● **Task to complete**: Would you restate the entries below word for word, starting at the first line and ending with the one that has "unfoldable pub print_range : ℕ → ℕ → Text"?

[Opening Supplied data section]

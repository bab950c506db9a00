-- ===== src/Cpu/Ranges.antt =====
-- The text form of a CPU set in AppOpt/src/cpuset.rs: `to_range_string`, `push_range`,
-- `parse_cpu_ranges`.
pub mod Parse
pub mod Print
pub mod Members
pub mod Intervals
pub mod RoundTrip
use app_opt.Base.{
  ℕ, zero, suc, ◌+◌, ◌-◌, ◌*◌, min, Bool, true, false, not, ◌&&◌, List, [], ◌∷◌, ◌++◌, Option, none,
  some, ltb, ◌==◌, if◌then◌else◌,
}
use app_opt.Base.Bits.{test_bit}
use app_opt.Base.Decimal.{decimal, parse_uint, usize_bound, usize_max}
use app_opt.Base.Text.{Text, is_empty, is_some, trim, split, split_first}
use app_opt.Cpu.Set.{CpuSet, cpu_setsize, cpu_word_bits, new, set, is_set}

-- The local variables of `to_range_string`.
pub record Printer : Type 0 where
  pub result : Text
  pub start : Option ℕ
  pub end : Option ℕ
  pub first : Bool

unfoldable pub print_range : ℕ → ℕ → Text
print_range lo hi = if lo == hi then decimal lo else decimal lo ++ (b'-' ∷ decimal hi)

-- `push_range` appends to the text and clears `first`, when both ends are there.
unfoldable pub push_range : Text → Option ℕ → Option ℕ → Bool → Text × Bool
push_range s (some lo) (some hi) first =
    ((if first then s else s ++ (b',' ∷ [])) ++ print_range lo hi, false)
push_range s _ _ first = (s, first)

unfoldable pub push : Printer → Printer
unfolding push_range
push p =
    let pushed = push_range p.result p.start p.end p.first in
    record p { result = pushed.0; first = pushed.1 }

abbrev pub follows : Option ℕ → ℕ → Bool
follows none cpu = false
follows (some e) cpu = cpu == e + 1

-- One CPU whose bit is set.
unfoldable pub add_cpu : ℕ → Printer → Printer
unfolding push
add_cpu cpu p =
    if not (is_some p.start)
    then record p { start = some cpu; end = some cpu }
    else if follows p.end cpu
    then record p { end = some cpu }
    else record (push p) { start = some cpu; end = some cpu }

-- `for bit in 0..64`, with `n` rounds left.
unfoldable pub bits_loop : ℕ → ℕ → ℕ → ℕ → Printer → Printer
bits_loop zero bit base word p = p
bits_loop (suc n) bit base word p =
    bits_loop n (bit + 1) base word (if test_bit word bit then add_cpu (base + bit) p else p)

unfoldable pub close_run : Printer → Printer
unfolding push
close_run p = if is_some p.start then record (push p) { start = none; end = none } else p

unfoldable pub words_loop : ℕ → List ℕ → Printer → Printer
words_loop idx [] p = p
words_loop idx (word ∷ words) p =
    words_loop (idx + 1) words
      (if word == 0 then close_run p else bits_loop cpu_word_bits 0 (idx * cpu_word_bits) word p)

unfoldable pub to_range_string : CpuSet → Text
unfolding words_loop bits_loop add_cpu close_run push print_range
to_range_string s =
    let p = words_loop 0 s.bits (record { result = []; start = none; end = none; first = true }) in
    (push p).result

abbrev pub or_max : Option ℕ → ℕ
or_max none = usize_max
or_max (some n) = n

abbrev pub or_else : Option ℕ → ℕ → ℕ
or_else none d = d
or_else (some n) d = n

-- `(lo, hi)`, or `none` where the loop goes on to the next part.
unfoldable pub range_of : Text → Option (ℕ × ℕ)
range_of part = elim (split_first b'-' part) [
  | some (l, r) ↦
      let a = or_max (parse_uint usize_bound l) in
      let b = or_else (parse_uint usize_bound r) a in
      if a == usize_max then none else if ltb b a then some (b, a) else some (a, b)
  | none ↦
      let a = or_max (parse_uint usize_bound part) in if a == usize_max then none else some (a, a)
]

abbrev pub allowed : Option CpuSet → ℕ → Bool
allowed none i = true
allowed (some present) i = is_set present i

-- `for i in lo..=hi`, with `n` rounds left.
unfoldable pub fill : Option CpuSet → ℕ → ℕ → CpuSet → CpuSet
fill present zero i s = s
fill present (suc n) i s = fill present n (i + 1) (if allowed present i then set s i else s)

unfoldable pub add_range : Option CpuSet → Option (ℕ × ℕ) → CpuSet → CpuSet
unfolding fill
add_range present none s = s
add_range present (some (lo, hi)) s = fill present (suc (min hi (cpu_setsize - 1)) - lo) lo s

unfoldable pub parse_parts : Option CpuSet → List Text → CpuSet → CpuSet
parse_parts present [] s = s
parse_parts present (part ∷ parts) s =
    parse_parts present parts
      (if is_empty (trim part) then s else add_range present (range_of (trim part)) s)

unfoldable pub parse_cpu_ranges : Text → Option CpuSet → CpuSet
unfolding parse_parts add_range range_of
parse_cpu_ranges spec present =
    if is_empty spec then new else parse_parts present (split b',' spec) new
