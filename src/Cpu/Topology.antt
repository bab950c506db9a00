-- ===== src/Cpu/Topology.antt =====
-- `CpuTopology` and `detect_core_types` of AppOpt/src/cpuset.rs. What the kernel's files under
-- cpufreq hold comes as an argument.
pub mod Tiers
use app_opt.Base.{
  ℕ, zero, suc, ◌+◌, ◌-◌, ◌^◌, Bool, true, false, not, ◌&&◌, List, [], ◌∷◌, ◌++◌, Option, none,
  some, leb, ◌==◌, if◌then◌else◌, length,
}
use app_opt.Base.Decimal.{parse_uint, usize_bound}
use app_opt.Base.Text.{Text, codes, is_empty, trim, starts_with, strip_prefix, split_whitespace}
use app_opt.Cpu.Set.{CpuSet, new, set}

pub record CpuTopology : Type 0 where
  pub present_cpus : CpuSet
  pub present_str : Text
  pub mems_str : Text
  pub cpuset_enabled : Bool
  pub e_core : CpuSet
  pub p_core : CpuSet
  pub hp_core : CpuSet

-- One entry of the cpufreq directory: its name, where it is valid UTF-8, and its two files.
pub record Entry : Type 0 where
  pub file_name : Option Text
  pub cpuinfo_max_freq : Option Text
  pub related_cpus : Option Text

abbrev pub Group : Type 0
Group = ℕ × List ℕ

abbrev is_policy : Option Text → Bool
is_policy none = false
is_policy (some n) = starts_with (codes "policy") n

abbrev or_zero : Option ℕ → ℕ
or_zero none = 0
or_zero (some n) = n

unfoldable pub freq_of : Option Text → ℕ
freq_of none = 0
freq_of (some s) = or_zero (parse_uint (2 ^ 64) (trim s))

unfoldable pub parse_all : List Text → List ℕ
parse_all [] = []
parse_all (w ∷ ws) = elim (parse_uint usize_bound w) [
  | none ↦ parse_all ws
  | some n ↦ n ∷ parse_all ws
]

unfoldable pub cpus_of : Option Text → List ℕ
unfolding parse_all
cpus_of none = []
cpus_of (some s) = parse_all (split_whitespace s)

-- `groups.iter_mut().find(…)`: the group of the frequency grows, or a new one is pushed.
unfoldable pub add_group : ℕ → List ℕ → List Group → List Group
add_group freq cpus [] = (freq, cpus) ∷ []
add_group freq cpus ((f, g) ∷ groups) =
    if f == freq then (f, g ++ cpus) ∷ groups else (f, g) ∷ add_group freq cpus groups

unfoldable pub add_entry : Entry → List Group → List Group
add_entry e groups =
    if not (is_policy e.file_name)
    then groups
    else if freq_of e.cpuinfo_max_freq == 0
    then groups
    else if is_empty (cpus_of e.related_cpus)
    then groups
    else add_group (freq_of e.cpuinfo_max_freq) (cpus_of e.related_cpus) groups

unfoldable pub collect_groups : List Entry → List Group → List Group
unfolding add_entry
collect_groups [] groups = groups
collect_groups (e ∷ es) groups = collect_groups es (add_entry e groups)

-- `sort_by_key` by the frequency, which is stable.
unfoldable pub insert_group : Group → List Group → List Group
insert_group g [] = g ∷ []
insert_group g (h ∷ hs) = if leb g.0 h.0 then g ∷ h ∷ hs else h ∷ insert_group g hs

unfoldable pub sort_groups : List Group → List Group
unfolding insert_group
sort_groups [] = []
sort_groups (g ∷ gs) = insert_group g (sort_groups gs)

unfoldable pub set_all : List ℕ → CpuSet → CpuSet
set_all [] s = s
set_all (cpu ∷ cpus) s = set_all cpus (set s cpu)

pub record CoreTiers : Type 0 where
  pub e : CpuSet
  pub p : CpuSet
  pub h : CpuSet

-- `for (i, (_, cpus)) in groups.iter().enumerate()`, where `n` is the number of all groups.
unfoldable pub tiers_loop : ℕ → ℕ → List Group → CoreTiers → CoreTiers
tiers_loop i n [] t = t
tiers_loop i n ((freq, cpus) ∷ groups) t = tiers_loop (i + 1) n groups (
    if i == 0
    then record t { e = set_all cpus t.e }
    else if i == n - 1
    then record t { h = set_all cpus t.h }
    else record t { p = set_all cpus t.p })

unfoldable pub core_tiers : List Group → CoreTiers
unfolding tiers_loop set_all
core_tiers groups = tiers_loop 0 (length groups) groups (record { e = new; p = new; h = new })

unfoldable pub detect_core_types : List Entry → CoreTiers
unfolding collect_groups sort_groups core_tiers
detect_core_types entries = core_tiers (sort_groups (collect_groups entries []))
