-- ===== src/Cpu/Dirs.antt =====
-- The cpuset directories of AppOpt/src/cpuset.rs. The system calls are an argument.
use app_opt.Base.{Bool, true, false, not, ◌||◌, ◌∷◌, ◌++◌, Option, none, some, if◌then◌else◌}
use app_opt.Base.Text.{Text, codes, is_empty, contains_char}
use app_opt.Cpu.Ranges.{to_range_string}
use app_opt.Cpu.Set.{CpuSet}
use app_opt.Cpu.Topology.{CpuTopology}

-- The outcome of `mkdir`: `exists` is the error EEXIST.
pub data Mkdir : Type 0 where
  made exists refused : Mkdir

-- What the system answers to each call; `write` is `fs::write` of a text to a path.
pub record Sys : Type 0 where
  pub mkdir : Text → Mkdir
  pub chmod : Text → Bool
  pub chown : Text → Bool
  pub write : Text → Text → Bool

-- `BASE_CPUSET_PATH` after `set_base_cpuset`.
unfoldable pub set_base_cpuset : Text → Option Text → Option Text
set_base_cpuset name base =
    if is_empty name || contains_char b'/' name then base else some (codes "/dev/cpuset/" ++ name)

unfoldable pub base_cpuset : Option Text → Text
base_cpuset none = codes "/dev/cpuset/AppOpt"
base_cpuset (some path) = path

abbrev is_refused : Mkdir → Bool
is_refused refused = true
is_refused _ = false

unfoldable pub create_cpuset_dir : Sys → Text → Text → Text → Bool
create_cpuset_dir sys path cpus mems =
    if is_refused (sys.mkdir path)
    then false
    else if not (sys.chmod path)
    then false
    else if not (sys.chown path)
    then false
    else if not (sys.write (path ++ codes "/cpus") cpus)
    then false
    else sys.write (path ++ codes "/mems") mems

unfoldable pub ensure_cpuset_dir : Sys → Option Text → CpuSet → CpuTopology → Text
ensure_cpuset_dir sys base cpus topo =
    if not topo.cpuset_enabled
    then codes ""
    else (let dir_name = to_range_string cpus in
        if create_cpuset_dir sys (base_cpuset base ++ (b'/' ∷ dir_name)) dir_name topo.mems_str
        then dir_name
        else codes "")
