-- ===== src/Cpu/Spec.antt =====
-- `parse_cpu_spec` of AppOpt/src/cpuset.rs: names of core tiers mixed with number ranges.
pub mod Laws
use app_opt.Base.{Bool, List, [], ◌∷◌, some, if◌then◌else◌}
use app_opt.Base.Text.{Text, codes, is_empty, eq_text, trim, split}
use app_opt.Cpu.Ranges.{parse_cpu_ranges}
use app_opt.Cpu.Set.{CpuSet, new, or}
use app_opt.Cpu.Topology.{CpuTopology}

-- The set that one trimmed part stands for.
unfoldable pub spec_part : CpuTopology → Text → CpuSet
spec_part topo part =
    if eq_text part (codes "e-core")
    then topo.e_core
    else if eq_text part (codes "p-core")
    then topo.p_core
    else if eq_text part (codes "hp-core")
    then topo.hp_core
    else if eq_text part (codes "all-core")
    then topo.present_cpus
    else parse_cpu_ranges part (some topo.present_cpus)

unfoldable pub spec_parts : CpuTopology → List Text → CpuSet → CpuSet
spec_parts topo [] s = s
spec_parts topo (part ∷ parts) s =
    spec_parts topo parts (if is_empty (trim part) then s else or s (spec_part topo (trim part)))

unfoldable pub parse_cpu_spec : Text → CpuTopology → CpuSet
unfolding spec_parts spec_part
parse_cpu_spec spec topo = if is_empty spec then new else spec_parts topo (split b',' spec) new
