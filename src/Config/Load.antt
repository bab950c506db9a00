-- ===== src/Config/Load.antt =====
-- `add_rule` and `load_config` of AppOpt/src/config.rs. The file's time stamp and content, and the
-- system calls under `create_cpuset_dir`, are arguments.
pub mod Rules
pub mod Blocks
pub mod Packages
use app_opt.Base.{
  ℕ, ◌+◌, ◌-◌, ◌%◌, ◌^◌, Bool, true, false, not, ◌&&◌, ◌||◌, List, [], ◌∷◌, ◌++◌, Option, none,
  some, any, leb, ltb, ◌==◌, if◌then◌else◌,
}
use app_opt.Base.Dict.{contains, text_eq}
use app_opt.Base.Text.{
  Text, codes, is_empty, contains_char, starts_with, strip_prefix, byte_len, lines, trim,
}
use app_opt.Config.Line.{
  spec_like, split_rule_line, RuleLine, close_like, OuterLine, rule, bare_open, pending, single,
  junk, parse_outer,
}
use app_opt.Cpu.Dirs.{Sys, base_cpuset, create_cpuset_dir}
use app_opt.Cpu.Ranges.{to_range_string}
use app_opt.Cpu.Set.{CpuSet, count}
use app_opt.Cpu.Spec.{parse_cpu_spec}
use app_opt.Cpu.Topology.{CpuTopology}

abbrev pub max_pkg_len : ℕ
max_pkg_len = 128

abbrev pub max_thread_len : ℕ
max_thread_len = 32

pub record AffinityRule : Type 0 where
  pub pkg : Text
  pub thread : Text
  pub thread_pattern : Text
  pub cpuset_dir : Text
  pub cpus : CpuSet

pub record AppConfig : Type 0 where
  pub rules : List AffinityRule
  pub pkgs : List Text
  pub has_thread_rules : List Text
  pub topo : CpuTopology

-- What the loader reads of its surroundings.
pub record Env : Type 0 where
  pub sys : Sys
  pub base : Option Text
  pub topo : CpuTopology

abbrev pub is_control : ℕ → Bool
is_control c = ltb c 0x20 || c == 0x7f

-- `CString::new(s).unwrap_or_default()`
abbrev pub c_string : Text → Text
c_string s = if contains_char 0 s then [] else s

unfoldable pub rule_dir : Env → Text → CpuSet → Text
rule_dir env thread cpus =
    if not (is_empty thread)
    then []
    else if not env.topo.cpuset_enabled
    then []
    else (let dir_name = to_range_string cpus in
        if create_cpuset_dir env.sys (base_cpuset env.base ++ (b'/' ∷ dir_name)) dir_name
          env.topo.mems_str
        then dir_name
        else [])

-- The rule that `add_rule` pushes, or `none` where it returns `false`.
unfoldable pub make_rule : Env → Text → Text → Text → Option AffinityRule
unfolding rule_dir
make_rule env pkg thread cpus_spec =
    if is_empty pkg || leb max_pkg_len (byte_len pkg) || leb max_thread_len (byte_len thread)
    then none
    else if any is_control (pkg ++ thread)
    then none
    else if not (spec_like cpus_spec)
    then none
    else if count (parse_cpu_spec cpus_spec env.topo) == 0
    then none
    else some (record {
      pkg = pkg;
      thread = thread;
      thread_pattern = c_string thread;
      cpuset_dir = rule_dir env thread (parse_cpu_spec cpus_spec env.topo);
      cpus = parse_cpu_spec cpus_spec env.topo;
    })

-- The local variables of `load_config`.
pub record Loader : Type 0 where
  pub rules : List AffinityRule
  pub fail_cnt : ℕ
  pub cur_pkg : Text
  pub pending_pkg : Text
  pub in_block : Bool

abbrev pub initial : Loader
initial = record { rules = []; fail_cnt = 0; cur_pkg = []; pending_pkg = []; in_block = false }

abbrev pub fail : Loader → Loader
fail l = record l { fail_cnt = l.fail_cnt + 1 }

abbrev pub push_rule : Option AffinityRule → Loader → Loader
push_rule none l = fail l
push_rule (some r) l = record l { rules = l.rules ++ (r ∷ []) }

-- `if !add_rule(…) { fail_cnt += 1; }`
unfoldable pub add_rule : Env → Text → Text → Text → Loader → Loader
add_rule env pkg thread cpus l = push_rule (make_rule env pkg thread cpus) l

abbrev pub leave_block : Loader → Loader
leave_block l = record l { in_block = false; cur_pkg = [] }

abbrev pub enter_block : Text → Loader → Loader
enter_block pkg l = record l { cur_pkg = pkg; in_block = true }

-- An owner that waits for its block and does not get it counts as a failure.
abbrev pub drop_pending : Loader → Loader
drop_pending l = if is_empty l.pending_pkg then l else fail l

unfoldable pub block_line : Env → Text → Loader → Loader
unfolding add_rule
block_line env p l = if close_like p then leave_block l else elim (split_rule_line p) [
  | some r ↦
      let added = add_rule env l.cur_pkg r.name r.cpus l in
      if r.closed then leave_block added else added
  | none ↦ if contains_char b'}' p then leave_block (fail l) else fail l
]

abbrev pub clear_pending : Loader → Loader
clear_pending l = record l { pending_pkg = [] }

-- `BareOpen`: the owner is the name on the line, or the one that waits.
abbrev pub open_block : Text → Loader → Loader
open_block owner l = if is_empty owner then fail l else clear_pending (enter_block owner l)

unfoldable pub outer_line : Env → OuterLine → Loader → Loader
unfolding add_rule
outer_line env (single pkg thread cpus open_brace) l =
    let added = add_rule env pkg thread cpus (clear_pending (drop_pending l)) in
    if open_brace then enter_block pkg added else added
outer_line env (rule pkg cpus open_brace) l =
    let added = add_rule env pkg [] cpus (drop_pending l) in
    clear_pending (if open_brace then enter_block pkg added else added)
outer_line env (bare_open pkg) l =
    if is_empty pkg then open_block l.pending_pkg l else open_block pkg (drop_pending l)
outer_line env (pending pkg) l = record (drop_pending l) { pending_pkg = pkg }
outer_line env junk l = clear_pending (fail l)

abbrev pub is_skipped : Text → Bool
is_skipped p = is_empty p || starts_with (codes "#") p || starts_with (codes "//") p

-- One trimmed line.
unfoldable pub load_line : Env → Text → Loader → Loader
unfolding block_line outer_line
load_line env p l =
    if is_skipped p
    then l
    else if l.in_block
    then block_line env p l
    else outer_line env (parse_outer p) l

unfoldable pub load_lines : Env → List Text → Loader → Loader
unfolding load_line
load_lines env [] l = l
load_lines env (line ∷ ls) l = load_lines env ls (load_line env (trim line) l)

-- The check behind the loop.
abbrev pub finish : Loader → Loader
finish l = if l.in_block || not (is_empty l.pending_pkg) then fail l else l

-- A set holds each text once.
unfoldable pub to_set : List Text → List Text
to_set [] = []
to_set (t ∷ ts) = if contains t (to_set ts) then to_set ts else t ∷ to_set ts

unfoldable pub rule_pkgs : List AffinityRule → List Text
rule_pkgs [] = []
rule_pkgs (r ∷ rs) = r.pkg ∷ rule_pkgs rs

unfoldable pub thread_pkgs : List AffinityRule → List Text
thread_pkgs [] = []
thread_pkgs (r ∷ rs) = if is_empty r.thread then thread_pkgs rs else r.pkg ∷ thread_pkgs rs

unfoldable pub config_of : CpuTopology → List AffinityRule → AppConfig
unfolding to_set rule_pkgs thread_pkgs
config_of topo rules = record {
  rules = rules;
  pkgs = to_set (rule_pkgs rules);
  has_thread_rules = to_set (thread_pkgs rules);
  topo = topo;
}

-- The file as the loader finds it. A time stamp is the bit pattern of an `i64`.
pub record ConfigFile : Type 0 where
  pub mtime : Option ℕ
  pub content : Option Text

abbrev pub no_mtime : ℕ
no_mtime = 2 ^ 64 - 1

-- The configuration, if there is a new one, and the new values of `last_mtime` and `PARSE_FAILS`.
pub record Loaded : Type 0 where
  pub config : Option AppConfig
  pub last_mtime : ℕ
  pub parse_fails : ℕ

unfoldable pub load_content : Env → ℕ → Text → Loaded
unfolding load_lines config_of
load_content env mtime content =
    let l = finish (load_lines env (lines content) initial) in
    record {
      config = some (config_of env.topo l.rules);
      last_mtime = mtime;
      parse_fails = l.fail_cnt;
    }

unfoldable pub load_config : Env → ConfigFile → ℕ → ℕ → Loaded
load_config env file last_mtime parse_fails =
    let unchanged : Loaded = record {
      config = none;
      last_mtime = last_mtime;
      parse_fails = parse_fails;
    } in
    elim file.mtime [
      | none ↦ unchanged
      | some mtime ↦
          if last_mtime == mtime && not (last_mtime == no_mtime)
          then unchanged
          else elim file.content [ none ↦ unchanged | some c ↦ load_content env mtime c ]
    ]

[Closing Supplied data section]

● **Exercise response**:
repository bab950c506db9a00
-- ===== src/Cpu/Ranges.antt =====
-- The text form of a CPU set in AppOpt/src/cpuset.rs: `to_range_string`, `push_range`,
-- `parse_cpu_ranges`.
pub mod Parse
pub mod Print
pub mod Members
pub mod Intervals
pub mod RoundTrip
use app_opt.Base.{
  ℕ, zero, suc, ◌+◌, ◌-◌, ◌*◌, min, Bool, true, false, not, ◌&&◌, List, [], ◌∷◌, ◌++◌, Option, none,
  some, ltb, ◌==◌, if◌then◌else◌,
}
use app_opt.Base.Bits.{test_bit}
use app_opt.Base.Decimal.{decimal, parse_uint, usize_bound, usize_max}
use app_opt.Base.Text.{Text, is_empty, is_some, trim, split, split_first}
use app_opt.Cpu.Set.{CpuSet, cpu_setsize, cpu_word_bits, new, set, is_set}

-- The local variables of `to_range_string`.
pub record Printer : Type 0 where
  pub result : Text
  pub start : Option ℕ
  pub end : Option ℕ
  pub first : Bool

unfoldable pub print_range : ℕ → ℕ → Text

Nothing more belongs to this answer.